Based on joint work with Ilias Diakonikolas, He Jia, Daniel Kane, Pravesh Kothari and Santosh Vempala.

Speaker: Assaf Naor (Princeton University)
Title: Randomized clustering in high dimensions
Abstract: The separation modulus of a metric space M is the smallest S > 0 such that for every D>0 there exists a random partition of M into clusters of diameter at most D such that for any two points in M the probability that they belong to different clusters is at most their distance times (S/D). By relating it to well-studied volumetric quantities such as volume ratios and projection bodies, we will obtain asymptotic evaluations of the separation modulus for many high-dimensional normed spaces and their subsets. We will show how these bounds can be used to make progress on classical questions on the extension of Lipschitz functions, and how they relate to the question of reversing the classical isoperimetric inequality.

Speaker: Erik Waingarten (Stanford University)
Title: The Johnson-Lindenstrauss Lemma for Clustering and Subspace Approximation
Abstract: The Johnson-Lindenstrauss lemma says that for any set of vectors in a high-dimensional space, there exists an embedding into a much lower dimensional space which approximately preserves all pairwise distances. Here, we explore dimensionality reduction for other geometric optimization problems: given a geometric optimization problem (for example, k-means clustering or principal components analysis) is there always an embedding to a lower dimensional space which approximately preserves the cost of the optimization? In this talk, I will overview a few results in this space, and present a new technique for using coreset constructions in order to get improved dimensionality reduction.

Based on joint work with Moses Charikar.

Speaker: Weiyun Ma (Stanford University)
Title: Almost 3-Approximate Correlation Clustering in Constant Rounds
Abstract: We study parallel algorithms for correlation clustering. In this problem, each pair among n objects is labeled as either “similar” or “dissimilar”. The goal is to partition the objects into arbitrarily many clusters while minimizing the number of disagreements with the labels.

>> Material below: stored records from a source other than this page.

-- ===== src/Graph/Topo/Acyclic.antt =====
-- `Compile` succeeds exactly on the graphs whose nodes can be ranked along the edges.
use covonaut.Base.{
  ℕ, suc, ◌≤◌, ◌<◌, String, List, [], ◌∷◌, ◌++◌, true, ◌≡◌, refl, ap, ◌∙◌, ◌↔◌, ◌⊎◌, inl, inr,
  arith, eq_iff, count, Has, length, concat, count-append, if◌then◌else◌, leb, Map, contains,
  contains_iff, Bool-cases, ◌≢◌,
}
use covonaut.Agentcore.Errors.{ok, err, plain, cycle_detected}
use covonaut.Graph.{Graph, successors, node_exists}
use covonaut.Graph.WellFormed.{IsWf, names}
use covonaut.Graph.Built.{Built, Built-IsWf}
use covonaut.Graph.Topo.{
  MapOrder, Sorting, sorted, cyclic, out_of_fuel, topo_sort, degrees_of, CompileOptions,
  CompiledGraph, compiled, compile_sorted, compile,
}
use covonaut.Graph.Topo.Layers.{IsLayered, HasCycle, Sorts, topo_sort-Sorts}

-- Each edge leads to a higher rank.
abbrev pub IsRanked : (String → ℕ) → Graph → Type 0
IsRanked rank g = (u v : String) → Has u (names g) → Has v (successors g.edges u) → rank u < rank v

-- The index of the first layer that holds the name.
abbrev layer_index : List (List String) → String → ℕ
layer_index [] k = 0
layer_index (l ∷ ls) k = let rest = layer_index ls k in if contains l k then 0 else suc rest

-- A node of least rank.
lowest :
    (rank : String → ℕ) (us : List String)
    → 0 < length us
    → (v : String) × Has v us × ((u : String) → Has u us → rank v ≤ rank u)
lowest rank [] h = absurd (omega arith)
lowest rank (x ∷ []) h = (x, ground (arith, eq_iff x x), λ u p. ground (arith, eq_iff x u))
lowest rank (x ∷ y ∷ us) h =
    let (v, p, least) = lowest rank (y ∷ us) (omega arith) in
    elim (Bool-cases (leb (rank x) (rank v))) [
      | inl below ↦ (x, ground (arith, eq_iff x x), λ u q. ground (arith, eq_iff x u, least u))
      | inr above ↦ (v, omega arith, λ u q. ground (arith, eq_iff x u, least u))
    ]

ranked-not-HasCycle :
    (rank : String → ℕ) (g : Graph) → IsRanked rank g → ¬ HasCycle g.edges (names g)
ranked-not-HasCycle rank g r (us, some_left, back) =
    let (v, p, least) = lowest rank us some_left in
    let (_, (u, q, e)) = back v p in absurd (omega (arith, least u q, r u v (back u q).0 e))

layered-lt :
    (edges : Map (List String)) (ns seen : List String) (ls : List (List String)) (u v : String)
    → IsLayered edges ns seen ls
    → Has v (concat ls)
    → Has u ns
    → Has v (successors edges u)
    → Has u seen ⊎ (layer_index ls u < layer_index ls v)
layered-lt edges ns seen [] u v h p q e = absurd (omega arith)
layered-lt edges ns seen (l ∷ ls) u v h p q e = elim (Bool-cases (contains l v)) [
  | inl here ↦ inl (h.0 u v ((contains_iff l v).0 here) q e)
  | inr later ↦ ground (
    arith,
    later,
    contains_iff l v,
    contains_iff l u,
    count-append v l (concat ls),
    count-append u seen l,
    layered-lt edges ns (seen ++ l) ls u v h.1,
  )
]

IsRanked-of_layers :
    (g : Graph) (ls : List (List String))
    → IsWf g
    → Sorts g.edges (names g) (names g) [] (sorted ls)
    → IsRanked (layer_index ls) g
IsRanked-of_layers g ls w h u v p e =
    ground (arith, layered-lt g.edges (names g) [] ls u v h.1, h.0 v, w.targets u v e)

compile_sorted-eq-ok :
    (opts : CompileOptions) (g : Graph) (s : Sorting) (c : CompiledGraph)
    → compile_sorted opts g s ≡ ok c
    → (ls : List (List String)) × (s ≡ sorted ls) × (c ≡ compiled opts g ls)
compile_sorted-eq-ok opts g (sorted ls) c e = (ls, refl, ground arith)
compile_sorted-eq-ok opts g cyclic c e = cc
compile_sorted-eq-ok opts g out_of_fuel c e = cc

module _ (o : MapOrder) (opts : CompileOptions) (g : Graph) where
  abbrev result : Sorting
  result = topo_sort o (names g) g.edges (degrees_of g)

  compile-known :
      opts.entry_node ≢ ""
      → node_exists g opts.entry_node ≡ true
      → compile o opts g ≡ compile_sorted opts g result
  unfolding compile
  compile-known named known = ground (arith, eq_iff opts.entry_node "")

  pub compile-eq-ok :
      (c : CompiledGraph)
      → compile o opts g ≡ ok c
      → (ls : List (List String)) × (result ≡ sorted ls) × (c ≡ compiled opts g ls)
  unfolding compile
  compile-eq-ok c e = compile_sorted-eq-ok opts g result c (ground arith)

  sorted-Sorts :
      (ls : List (List String))
      → IsWf g
      → result ≡ sorted ls
      → Sorts g.edges (names g) (names g) [] (sorted ls)
  sorted-Sorts ls w e = rw e at (topo_sort-Sorts o g w)

  cyclic-HasCycle : IsWf g → result ≡ cyclic → HasCycle g.edges (names g)
  cyclic-HasCycle w e = rw e at (topo_sort-Sorts o g w)

  fuel-absurd : IsWf g → result ≢ out_of_fuel
  fuel-absurd w e = rw e at (topo_sort-Sorts o g w)

  -- A compiled graph holds the graph and the entry node; each node of the graph stands in its
  -- layers exactly as often as it was added, and every predecessor of a node in an earlier layer
  -- than the node.
  pub compile_layers :
      (c : CompiledGraph)
      → Built g
      → compile o opts g ≡ ok c
      → (c.graph ≡ g)
        × (c.entry ≡ opts.entry_node)
        × ((k : String) → count k (concat c.sorted_layers) ≡ count k (names g))
        × IsLayered g.edges (names g) [] c.sorted_layers
  unfolding compiled
  compile_layers c b e =
      let (ls, s, shape) = compile-eq-ok c e in
      let h = sorted-Sorts ls (Built-IsWf b) s in rw shape (refl, refl, h.0, h.1)

  -- For a known entry node, `Compile` succeeds exactly if the nodes can be ranked so that every
  -- edge leads to a higher rank.
  pub compile_succeeds_iff :
      Built g
      → opts.entry_node ≢ ""
      → node_exists g opts.entry_node ≡ true
      → ((c : CompiledGraph) × (compile o opts g ≡ ok c)) ↔ ((rank : String → ℕ) × IsRanked rank g)
  compile_succeeds_iff b named known = (ranked, succeeds)
    where
      ranked :
          (c : CompiledGraph) × (compile o opts g ≡ ok c) → (rank : String → ℕ) × IsRanked rank g
      ranked (c, e) =
          let (ls, s, _) = compile-eq-ok c e in
          (
            layer_index ls,
            IsRanked-of_layers g ls (Built-IsWf b) (sorted-Sorts ls (Built-IsWf b) s),
          )

      by_result :
          (s : Sorting)
          → result ≡ s
          → (rank : String → ℕ) × IsRanked rank g
          → (c : CompiledGraph) × (compile o opts g ≡ ok c)
      by_result (sorted ls) e r = (compiled opts g ls, compile-known named known ∙ rw e)
      by_result cyclic e (rank, r) =
          absurd (ranked-not-HasCycle rank g r (cyclic-HasCycle (Built-IsWf b) e))
      by_result out_of_fuel e r = absurd (fuel-absurd (Built-IsWf b) e)

      succeeds :
          (rank : String → ℕ) × IsRanked rank g → (c : CompiledGraph) × (compile o opts g ≡ ok c)
      succeeds = by_result result refl

  -- For a known entry node, `Compile` reports a cycle exactly if there are nodes each of which has
  -- a predecessor among them.
  pub compile_cyclic_iff :
      Built g
      → opts.entry_node ≢ ""
      → node_exists g opts.entry_node ≡ true
      → (compile o opts g ≡ err (plain cycle_detected)) ↔ HasCycle g.edges (names g)
  compile_cyclic_iff b named known = (backward result refl, forward result refl)
    where
      backward :
          (s : Sorting)
          → result ≡ s
          → compile o opts g ≡ err (plain cycle_detected)
          → HasCycle g.edges (names g)
      backward (sorted ls) e h = cc (compile-known named known, ap (compile_sorted opts g) e)
      backward cyclic e h = cyclic-HasCycle (Built-IsWf b) e
      backward out_of_fuel e h = absurd (fuel-absurd (Built-IsWf b) e)

      forward :
          (s : Sorting)
          → result ≡ s
          → HasCycle g.edges (names g)
          → compile o opts g ≡ err (plain cycle_detected)
      forward (sorted ls) e h = absurd (
          ranked-not-HasCycle (layer_index ls) g
            (IsRanked-of_layers g ls (Built-IsWf b) (sorted-Sorts ls (Built-IsWf b) e)) h)
      forward cyclic e h = compile-known named known ∙ rw e
      forward out_of_fuel e h = absurd (fuel-absurd (Built-IsWf b) e)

I will describe an algorithm that obtains an (almost) 3-approximation in constant rounds (of models such as massively parallel computation, local, and semi-streaming). This is a culminating point for the rich literature on parallel correlation clustering as the approximation (almost) matches a natural barrier of 3 for combinatorial algorithms and the round-complexity is constant.

Based on joint work with Soheil Behnezhad, Moses Charikar, and Li-Yang Tan

About the Series

The IDEAL workshop series brings in experts on topics related to the foundations of data science to present their perspective and research on a common theme. Chicago area researchers with an interest in the foundations of data science.

This workshop is part of the Special Quarter on High-Dimensional Data Analysis. It is organized by Konstantin Makarychev (NU) and Yury Makarychev (TTIC).